» What this task involves
Copy all lines below containing "tell".
::::
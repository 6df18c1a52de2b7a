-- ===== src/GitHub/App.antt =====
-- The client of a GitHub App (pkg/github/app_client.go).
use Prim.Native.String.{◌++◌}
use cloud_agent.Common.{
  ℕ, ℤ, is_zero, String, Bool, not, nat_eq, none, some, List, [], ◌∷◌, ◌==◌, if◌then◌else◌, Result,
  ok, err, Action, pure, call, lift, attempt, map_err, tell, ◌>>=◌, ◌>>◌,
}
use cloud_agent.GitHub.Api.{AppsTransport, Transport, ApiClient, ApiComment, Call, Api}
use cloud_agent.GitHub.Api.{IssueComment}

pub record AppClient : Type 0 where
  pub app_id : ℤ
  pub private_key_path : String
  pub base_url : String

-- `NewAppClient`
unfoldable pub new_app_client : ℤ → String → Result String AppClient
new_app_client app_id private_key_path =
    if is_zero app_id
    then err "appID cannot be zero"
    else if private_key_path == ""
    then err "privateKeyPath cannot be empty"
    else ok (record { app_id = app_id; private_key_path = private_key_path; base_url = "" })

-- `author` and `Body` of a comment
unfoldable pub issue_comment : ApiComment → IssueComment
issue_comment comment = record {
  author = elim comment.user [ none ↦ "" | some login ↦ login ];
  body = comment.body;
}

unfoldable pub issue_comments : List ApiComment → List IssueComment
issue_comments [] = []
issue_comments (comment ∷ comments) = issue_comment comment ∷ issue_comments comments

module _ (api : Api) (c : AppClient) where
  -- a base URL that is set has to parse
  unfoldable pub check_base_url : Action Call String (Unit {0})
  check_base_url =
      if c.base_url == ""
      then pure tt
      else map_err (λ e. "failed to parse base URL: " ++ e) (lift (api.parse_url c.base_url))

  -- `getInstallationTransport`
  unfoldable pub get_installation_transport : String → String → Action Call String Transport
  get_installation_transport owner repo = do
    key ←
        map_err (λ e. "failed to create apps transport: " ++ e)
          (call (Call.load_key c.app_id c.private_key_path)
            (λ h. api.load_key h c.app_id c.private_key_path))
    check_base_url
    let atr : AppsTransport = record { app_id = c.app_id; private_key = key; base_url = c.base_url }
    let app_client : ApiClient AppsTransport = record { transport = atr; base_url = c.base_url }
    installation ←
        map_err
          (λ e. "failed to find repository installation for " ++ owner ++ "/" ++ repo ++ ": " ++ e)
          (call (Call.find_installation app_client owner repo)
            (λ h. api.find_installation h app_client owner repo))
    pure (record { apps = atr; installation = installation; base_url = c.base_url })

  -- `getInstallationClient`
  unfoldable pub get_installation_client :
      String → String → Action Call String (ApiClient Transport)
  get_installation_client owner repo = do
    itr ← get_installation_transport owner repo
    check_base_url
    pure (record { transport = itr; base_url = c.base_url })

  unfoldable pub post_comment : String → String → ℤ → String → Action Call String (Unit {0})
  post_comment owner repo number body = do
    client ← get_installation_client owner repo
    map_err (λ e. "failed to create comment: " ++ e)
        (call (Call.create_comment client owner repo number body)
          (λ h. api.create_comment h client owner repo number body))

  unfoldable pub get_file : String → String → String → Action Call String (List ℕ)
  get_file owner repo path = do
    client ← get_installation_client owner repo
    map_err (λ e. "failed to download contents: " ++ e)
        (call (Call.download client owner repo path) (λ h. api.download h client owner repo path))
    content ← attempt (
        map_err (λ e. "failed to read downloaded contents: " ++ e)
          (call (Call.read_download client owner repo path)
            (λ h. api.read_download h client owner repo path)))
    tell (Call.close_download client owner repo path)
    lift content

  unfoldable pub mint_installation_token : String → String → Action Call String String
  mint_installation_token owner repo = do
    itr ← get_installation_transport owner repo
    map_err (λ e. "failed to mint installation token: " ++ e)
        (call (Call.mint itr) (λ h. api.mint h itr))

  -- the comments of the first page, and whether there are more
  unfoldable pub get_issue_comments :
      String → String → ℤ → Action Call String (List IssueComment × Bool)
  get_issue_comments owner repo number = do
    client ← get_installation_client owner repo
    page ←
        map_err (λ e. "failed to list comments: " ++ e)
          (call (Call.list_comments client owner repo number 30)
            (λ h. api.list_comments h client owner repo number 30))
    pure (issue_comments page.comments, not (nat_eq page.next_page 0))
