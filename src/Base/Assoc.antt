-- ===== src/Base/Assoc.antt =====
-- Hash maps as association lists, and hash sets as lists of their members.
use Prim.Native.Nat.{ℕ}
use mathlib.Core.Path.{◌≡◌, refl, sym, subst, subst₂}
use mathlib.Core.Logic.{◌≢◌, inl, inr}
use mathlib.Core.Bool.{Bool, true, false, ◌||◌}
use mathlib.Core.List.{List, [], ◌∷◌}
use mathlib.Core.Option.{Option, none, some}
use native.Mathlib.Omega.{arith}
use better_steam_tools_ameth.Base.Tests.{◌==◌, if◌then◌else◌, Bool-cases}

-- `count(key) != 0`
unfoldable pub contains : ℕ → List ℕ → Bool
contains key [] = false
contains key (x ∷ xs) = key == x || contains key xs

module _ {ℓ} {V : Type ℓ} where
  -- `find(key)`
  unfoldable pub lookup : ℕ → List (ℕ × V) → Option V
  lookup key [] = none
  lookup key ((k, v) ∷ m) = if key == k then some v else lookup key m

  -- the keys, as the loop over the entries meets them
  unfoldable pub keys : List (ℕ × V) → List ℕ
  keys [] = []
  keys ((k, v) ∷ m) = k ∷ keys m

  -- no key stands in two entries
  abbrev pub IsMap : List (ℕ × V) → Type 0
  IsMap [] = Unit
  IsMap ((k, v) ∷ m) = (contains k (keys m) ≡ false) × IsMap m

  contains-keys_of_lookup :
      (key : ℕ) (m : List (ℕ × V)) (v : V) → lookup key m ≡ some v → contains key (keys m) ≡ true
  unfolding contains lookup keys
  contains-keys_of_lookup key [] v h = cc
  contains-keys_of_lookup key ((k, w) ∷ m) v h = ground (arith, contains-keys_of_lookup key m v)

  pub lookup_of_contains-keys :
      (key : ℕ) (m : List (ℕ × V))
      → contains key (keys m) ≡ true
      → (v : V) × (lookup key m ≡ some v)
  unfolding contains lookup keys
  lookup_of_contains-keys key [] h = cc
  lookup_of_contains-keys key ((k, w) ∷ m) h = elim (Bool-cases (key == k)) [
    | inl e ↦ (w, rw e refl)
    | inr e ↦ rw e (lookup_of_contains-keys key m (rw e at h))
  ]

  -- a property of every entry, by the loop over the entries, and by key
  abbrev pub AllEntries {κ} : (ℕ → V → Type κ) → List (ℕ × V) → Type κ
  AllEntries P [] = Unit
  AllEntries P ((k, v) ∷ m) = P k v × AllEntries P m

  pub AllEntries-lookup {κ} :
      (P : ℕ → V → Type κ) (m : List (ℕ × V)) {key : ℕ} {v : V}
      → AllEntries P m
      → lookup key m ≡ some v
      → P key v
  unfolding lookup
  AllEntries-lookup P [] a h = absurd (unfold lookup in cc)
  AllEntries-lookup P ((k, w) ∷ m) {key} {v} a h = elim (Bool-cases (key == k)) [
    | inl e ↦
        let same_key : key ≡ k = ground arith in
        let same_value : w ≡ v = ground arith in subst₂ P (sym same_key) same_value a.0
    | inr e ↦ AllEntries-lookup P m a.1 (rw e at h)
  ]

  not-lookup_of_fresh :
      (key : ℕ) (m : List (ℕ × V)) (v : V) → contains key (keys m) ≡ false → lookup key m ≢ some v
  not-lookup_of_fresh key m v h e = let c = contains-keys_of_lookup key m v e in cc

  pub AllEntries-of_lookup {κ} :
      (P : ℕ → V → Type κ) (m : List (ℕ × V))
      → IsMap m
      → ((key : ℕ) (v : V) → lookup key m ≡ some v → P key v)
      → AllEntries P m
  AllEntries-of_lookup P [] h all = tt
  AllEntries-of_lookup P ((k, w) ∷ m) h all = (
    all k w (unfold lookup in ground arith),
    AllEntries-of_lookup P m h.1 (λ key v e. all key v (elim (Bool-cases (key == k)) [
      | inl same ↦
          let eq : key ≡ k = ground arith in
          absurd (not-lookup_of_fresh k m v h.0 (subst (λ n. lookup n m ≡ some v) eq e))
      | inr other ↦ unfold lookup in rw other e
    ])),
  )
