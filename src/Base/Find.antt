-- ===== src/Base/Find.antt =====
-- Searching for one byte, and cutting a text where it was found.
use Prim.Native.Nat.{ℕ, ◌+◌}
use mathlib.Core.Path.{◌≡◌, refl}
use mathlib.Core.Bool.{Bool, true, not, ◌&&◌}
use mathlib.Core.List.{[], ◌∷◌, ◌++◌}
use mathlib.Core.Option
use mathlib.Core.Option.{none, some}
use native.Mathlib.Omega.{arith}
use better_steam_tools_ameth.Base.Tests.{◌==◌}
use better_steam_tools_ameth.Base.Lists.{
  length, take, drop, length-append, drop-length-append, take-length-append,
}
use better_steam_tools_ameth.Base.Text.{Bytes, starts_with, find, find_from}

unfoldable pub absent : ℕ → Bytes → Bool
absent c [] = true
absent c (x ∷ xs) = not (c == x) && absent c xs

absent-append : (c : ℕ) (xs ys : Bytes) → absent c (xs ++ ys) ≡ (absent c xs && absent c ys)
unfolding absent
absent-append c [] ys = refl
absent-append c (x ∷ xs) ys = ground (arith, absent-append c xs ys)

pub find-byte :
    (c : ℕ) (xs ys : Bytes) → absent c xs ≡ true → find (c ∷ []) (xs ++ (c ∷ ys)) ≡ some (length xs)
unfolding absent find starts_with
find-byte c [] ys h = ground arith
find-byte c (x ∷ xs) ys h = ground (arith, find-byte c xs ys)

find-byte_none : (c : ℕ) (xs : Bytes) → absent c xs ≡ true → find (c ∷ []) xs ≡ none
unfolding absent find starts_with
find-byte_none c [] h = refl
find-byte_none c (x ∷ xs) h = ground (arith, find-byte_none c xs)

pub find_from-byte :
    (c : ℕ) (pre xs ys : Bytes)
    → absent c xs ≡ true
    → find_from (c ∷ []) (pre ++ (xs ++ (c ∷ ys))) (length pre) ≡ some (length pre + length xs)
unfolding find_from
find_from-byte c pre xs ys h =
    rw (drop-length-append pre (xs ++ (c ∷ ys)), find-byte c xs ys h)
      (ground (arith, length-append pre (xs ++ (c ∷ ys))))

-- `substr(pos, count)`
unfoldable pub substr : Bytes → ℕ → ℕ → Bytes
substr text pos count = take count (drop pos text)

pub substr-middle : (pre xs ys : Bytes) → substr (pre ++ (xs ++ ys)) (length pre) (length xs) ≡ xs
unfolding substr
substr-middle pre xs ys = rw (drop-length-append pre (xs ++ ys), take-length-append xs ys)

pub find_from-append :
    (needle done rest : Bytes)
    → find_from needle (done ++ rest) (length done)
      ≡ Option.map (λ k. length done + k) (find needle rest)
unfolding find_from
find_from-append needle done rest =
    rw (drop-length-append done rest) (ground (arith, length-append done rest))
::::
» The answer
  ok, err, Action, pure, call, lift, attempt, map_err, tell, ◌>>=◌, ◌>>◌,
    tell (Call.close_download client owner repo path)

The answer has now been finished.